* _TASK OBJECTIVE_
Copy each record below without changing a single word.

* _MATERIAL FOR THE TASK_

-- ===== src/Cli.antt =====
-- src/cli.rs and src/main.rs: the arguments of the commands, and what `main` does with each. clap, which
-- parses them, and the logging are left out, and so is the session with the kernel that `mount` ends in. A
-- command works on the backend of its world, which is the directory that its arguments name.
use pqfs.Common.{
  ℕ, Bytes, List, [], ◌∷◌, ◌++◌, Bool, false, Option, none, some, if◌then◌else◌, ◌||◌,
}
use pqfs.Common.Exec.{Exec, ◌>>=◌, pure}
use pqfs.Crypto.Primitives.{Primitives}
use pqfs.Crypto.Header.{SlotKind}
use pqfs.Crypto.Keys.{Crypto, HeaderCodec, ascii, same_bytes}
use pqfs.Commands.Credentials.{World, CredentialArgs, resolve}
use pqfs.Commands.Keygen
use pqfs.Commands.Keygen.{PublicCodec, System}
use pqfs.Commands.Slots
use pqfs.Commands.Rekey
use pqfs.Index.Persist.{IndexCodec}
use pqfs.Ops.Tree.{Caller}
use pqfs.Wrapper.State.{Pqfs}
use pqfs.Wrapper.Requests

pub record PasswdArgs : Type 0 where
  pub backend : Bytes
  pub credential : CredentialArgs

pub record KeygenArgs : Type 0 where
  pub out : Bytes

pub record VolumeArgs : Type 0 where
  pub backend : Bytes

pub record ShareArgs : Type 0 where
  pub backend : Bytes
  pub to : Bytes
  pub label : Option Bytes
  pub credential : CredentialArgs

pub record RevokeArgs : Type 0 where
  pub backend : Bytes
  pub slot : ℕ
  pub credential : CredentialArgs

pub record MountArgs : Type 0 where
  pub backend : Bytes
  pub mountpoint : Bytes
  pub credential : CredentialArgs
  pub init : Bool
  pub options : List Bytes

pub data Command : Type 0 where
  mount : MountArgs → Command
  keygen : KeygenArgs → Command
  slots : VolumeArgs → Command
  share : ShareArgs → Command
  revoke : RevokeArgs → Command
  passwd rekey : PasswdArgs → Command

-- `fuser::MountOption`, of which the file system sets these.
pub data MountOption : Type 0 where
  fs_name subtype custom : Bytes → MountOption
  no_atime ro rw : MountOption

unfoldable pub is_listed : Bytes → List Bytes → Bool
is_listed word [] = false
is_listed word (o ∷ options) = same_bytes o word || is_listed word options

-- The loop over the options that are neither `ro` nor `rw`.
unfoldable pub custom_options : List Bytes → List MountOption
custom_options [] = []
custom_options (o ∷ options) =
    let rest = custom_options options in
    if same_bytes o (ascii "ro") || same_bytes o (ascii "rw")
    then rest
    else MountOption.custom o ∷ rest

-- The options that `Pqfs::mount` hands to the kernel.
unfoldable pub mount_options : List Bytes → List MountOption
mount_options options =
    (MountOption.fs_name (ascii "pqfs")
      ∷ MountOption.subtype (ascii "pqfs")
      ∷ MountOption.no_atime
      ∷ (if is_listed (ascii "ro") options then MountOption.ro else MountOption.rw)
      ∷ [])
    ++ custom_options options

-- The label of a new slot, or else the stem of the recipient's file, by `Path::file_stem`.
unfoldable pub share_label : (Bytes → Option Bytes) → ShareArgs → Bytes
share_label file_stem args = elim args.label [
  | some label ↦ label
  | none ↦ elim (file_stem args.to) [ some stem ↦ stem | none ↦ [] ]
]

-- What a command returns or prints.
pub data Outcome : Type 0 where
  mounted : Crypto → Pqfs → List MountOption → Outcome
  issued : Bytes → Outcome
  listed : List (SlotKind × Bytes) → Outcome
  shared : ℕ → Outcome
  revoked : Option SlotKind → Outcome
  rewrapped : Outcome
  rekeyed : ℕ → Outcome

-- `main`
unfoldable pub run :
    Primitives
    → HeaderCodec
    → IndexCodec
    → PublicCodec
    → System
    → (Bytes → Option Bytes)
    → Caller
    → Option ℕ
    → Command
    → Exec World Outcome
run p codec index_codec publics system file_stem caller parallelism (Command.mount args) = do
  credential ← resolve args.credential
  opened ← Requests.mount p codec index_codec caller parallelism args.init credential
  pure (Outcome.mounted opened.0 opened.1 (mount_options args.options))
run p codec index_codec publics system file_stem caller parallelism (Command.keygen args) = do
  path ← Keygen.keygen p system publics args.out
  pure (Outcome.issued path)
run p codec index_codec publics system file_stem caller parallelism (Command.slots args) = do
  rows ← Slots.slots p codec
  pure (Outcome.listed rows)
run p codec index_codec publics system file_stem caller parallelism (Command.share args) = do
  place ←
      Slots.share p codec publics.deserialize args.to (share_label file_stem args) args.credential
  pure (Outcome.shared place)
run p codec index_codec publics system file_stem caller parallelism (Command.revoke args) = do
  kind ← Slots.revoke p codec args.slot args.credential
  pure (Outcome.revoked kind)
run p codec index_codec publics system file_stem caller parallelism (Command.passwd args) = do
  _ ← Slots.passwd p codec args.credential
  pure Outcome.rewrapped
run p codec index_codec publics system file_stem caller parallelism (Command.rekey args) = do
  count ← Rekey.rekey p codec index_codec args.credential
  pure (Outcome.rekeyed count)
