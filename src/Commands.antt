-- ===== src/Commands.antt =====
-- src/cli.rs and src/commands.rs: credentials, and the commands that change the slots of a volume.
pub mod Credentials
pub mod Keygen
pub mod Issue
pub mod Slots
pub mod Share
pub mod Rekey
pub mod Rewrapped
pub mod Reindexed
pub mod Revoke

* _RESULT_
-- ===== src/Cli.antt =====
-- src/cli.rs and src/main.rs: the arguments of the commands, and what `main` does with each. clap, which
-- parses them, and the logging are left out, and so is the session with the kernel that `mount` ends in. A
-- command works on the backend of its world, which is the directory that its arguments name.
use pqfs.Common.{
  ℕ, Bytes, List, [], ◌∷◌, ◌++◌, Bool, false, Option, none, some, if◌then◌else◌, ◌||◌,
}
use pqfs.Common.Exec.{Exec, ◌>>=◌, pure}
use pqfs.Crypto.Primitives.{Primitives}
use pqfs.Crypto.Header.{SlotKind}
use pqfs.Crypto.Keys.{Crypto, HeaderCodec, ascii, same_bytes}
use pqfs.Commands.Credentials.{World, CredentialArgs, resolve}
use pqfs.Commands.Keygen
use pqfs.Commands.Keygen.{PublicCodec, System}
use pqfs.Commands.Slots
use pqfs.Commands.Rekey
use pqfs.Index.Persist.{IndexCodec}
use pqfs.Ops.Tree.{Caller}
use pqfs.Wrapper.State.{Pqfs}
use pqfs.Wrapper.Requests

pub record PasswdArgs : Type 0 where
  pub backend : Bytes
  pub credential : CredentialArgs

pub record KeygenArgs : Type 0 where
  pub out : Bytes

pub record VolumeArgs : Type 0 where
  pub backend : Bytes

pub record ShareArgs : Type 0 where
  pub backend : Bytes
  pub to : Bytes
  pub label : Option Bytes
  pub credential : CredentialArgs

pub record RevokeArgs : Type 0 where
  pub backend : Bytes
  pub slot : ℕ
  pub credential : CredentialArgs

pub record MountArgs : Type 0 where
  pub backend : Bytes
  pub mountpoint : Bytes
  pub credential : CredentialArgs
  pub init : Bool
  pub options : List Bytes

pub data Command : Type 0 where
  mount : MountArgs → Command
  keygen : KeygenArgs → Command
  slots : VolumeArgs → Command
  share : ShareArgs → Command
  revoke : RevokeArgs → Command
  passwd rekey : PasswdArgs → Command

-- `fuser::MountOption`, of which the file system sets these.
pub data MountOption : Type 0 where
  fs_name subtype custom : Bytes → MountOption
  no_atime ro rw : MountOption

unfoldable pub is_listed : Bytes → List Bytes → Bool
is_listed word [] = false
is_listed word (o ∷ options) = same_bytes o word || is_listed word options

-- The loop over the options that are neither `ro` nor `rw`.
unfoldable pub custom_options : List Bytes → List MountOption
custom_options [] = []
custom_options (o ∷ options) =
    let rest = custom_options options in
    if same_bytes o (ascii "ro") || same_bytes o (ascii "rw")
    then rest
    else MountOption.custom o ∷ rest

-- The options that `Pqfs::mount` hands to the kernel.
unfoldable pub mount_options : List Bytes → List MountOption
mount_options options =
    (MountOption.fs_name (ascii "pqfs")
      ∷ MountOption.subtype (ascii "pqfs")
      ∷ MountOption.no_atime
      ∷ (if is_listed (ascii "ro") options then MountOption.ro else MountOption.rw)
      ∷ [])
    ++ custom_options options

-- The label of a new slot, or else the stem of the recipient's file, by `Path::file_stem`.
unfoldable pub share_label : (Bytes → Option Bytes) → ShareArgs → Bytes
share_label file_stem args = elim args.label [
  | some label ↦ label
  | none ↦ elim (file_stem args.to) [ some stem ↦ stem | none ↦ [] ]
]

-- What a command returns or prints.
pub data Outcome : Type 0 where
  mounted : Crypto → Pqfs → List MountOption → Outcome
  issued : Bytes → Outcome
  listed : List (SlotKind × Bytes) → Outcome
  shared : ℕ → Outcome
  revoked : Option SlotKind → Outcome
  rewrapped : Outcome
  rekeyed : ℕ → Outcome

-- `main`
unfoldable pub run :
    Primitives
    → HeaderCodec
    → IndexCodec
    → PublicCodec
    → System
    → (Bytes → Option Bytes)
    → Caller
    → Option ℕ
    → Command
    → Exec World Outcome
run p codec index_codec publics system file_stem caller parallelism (Command.mount args) = do
  credential ← resolve args.credential
  opened ← Requests.mount p codec index_codec caller parallelism args.init credential
  pure (Outcome.mounted opened.0 opened.1 (mount_options args.options))
run p codec index_codec publics system file_stem caller parallelism (Command.keygen args) = do
  path ← Keygen.keygen p system publics args.out
  pure (Outcome.issued path)
run p codec index_codec publics system file_stem caller parallelism (Command.slots args) = do
  rows ← Slots.slots p codec
  pure (Outcome.listed rows)
run p codec index_codec publics system file_stem caller parallelism (Command.share args) = do
  place ←
      Slots.share p codec publics.deserialize args.to (share_label file_stem args) args.credential
  pure (Outcome.shared place)
run p codec index_codec publics system file_stem caller parallelism (Command.revoke args) = do
  kind ← Slots.revoke p codec args.slot args.credential
  pure (Outcome.revoked kind)
run p codec index_codec publics system file_stem caller parallelism (Command.passwd args) = do
  _ ← Slots.passwd p codec args.credential
  pure Outcome.rewrapped
run p codec index_codec publics system file_stem caller parallelism (Command.rekey args) = do
  count ← Rekey.rekey p codec index_codec args.credential
  pure (Outcome.rekeyed count)
filename src/Commands.antt
-- ===== src/Commands.antt =====
-- src/cli.rs and src/commands.rs: credentials, and the commands that change the slots of a volume.
pub mod Credentials
pub mod Keygen
pub mod Issue
pub mod Slots
pub mod Share
pub mod Rekey
pub mod Rewrapped
pub mod Reindexed
pub mod Revoke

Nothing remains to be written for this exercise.